MATERIAL PROVIDED:
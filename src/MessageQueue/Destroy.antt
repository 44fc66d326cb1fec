-- ===== src/MessageQueue/Destroy.antt =====
-- `mymsgdestroy` of Lab23/main.c and Lab24/main.c: the messages are freed from the head on.
pub mod Freed
use os_posix.Prelude.{ℕ, zero, suc, Bool, true, false, Option, none, some, ◌==◌, if◌then◌else◌}
use os_posix.MessageQueue.Cells.{Ptr, null, Message, Heap, write, load}

-- `free` of a message, after its `next` was read.
abbrev pub free_message : Heap → Ptr → Heap
free_message h p = write h p none

-- The loop, with fuel; `none` is a fault, or no fuel.
unfoldable pub free_from : ℕ → Heap → Ptr → Option Heap
free_from zero h p = if p == null then some h else none
free_from (suc fuel) h p =
    if p == null
    then some h
    else elim (load h p) [ none ↦ none | some m ↦ free_from fuel (free_message h p) m.next ]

WHAT THE EXERCISE ASKS:
Whenever a line of the material above contains the string "Option", copy that line out.

WORKED SOLUTION:
use os_posix.Prelude.{ℕ, zero, suc, Bool, true, false, Option, none, some, ◌==◌, if◌then◌else◌}
unfoldable pub free_from : ℕ → Heap → Ptr → Option Heap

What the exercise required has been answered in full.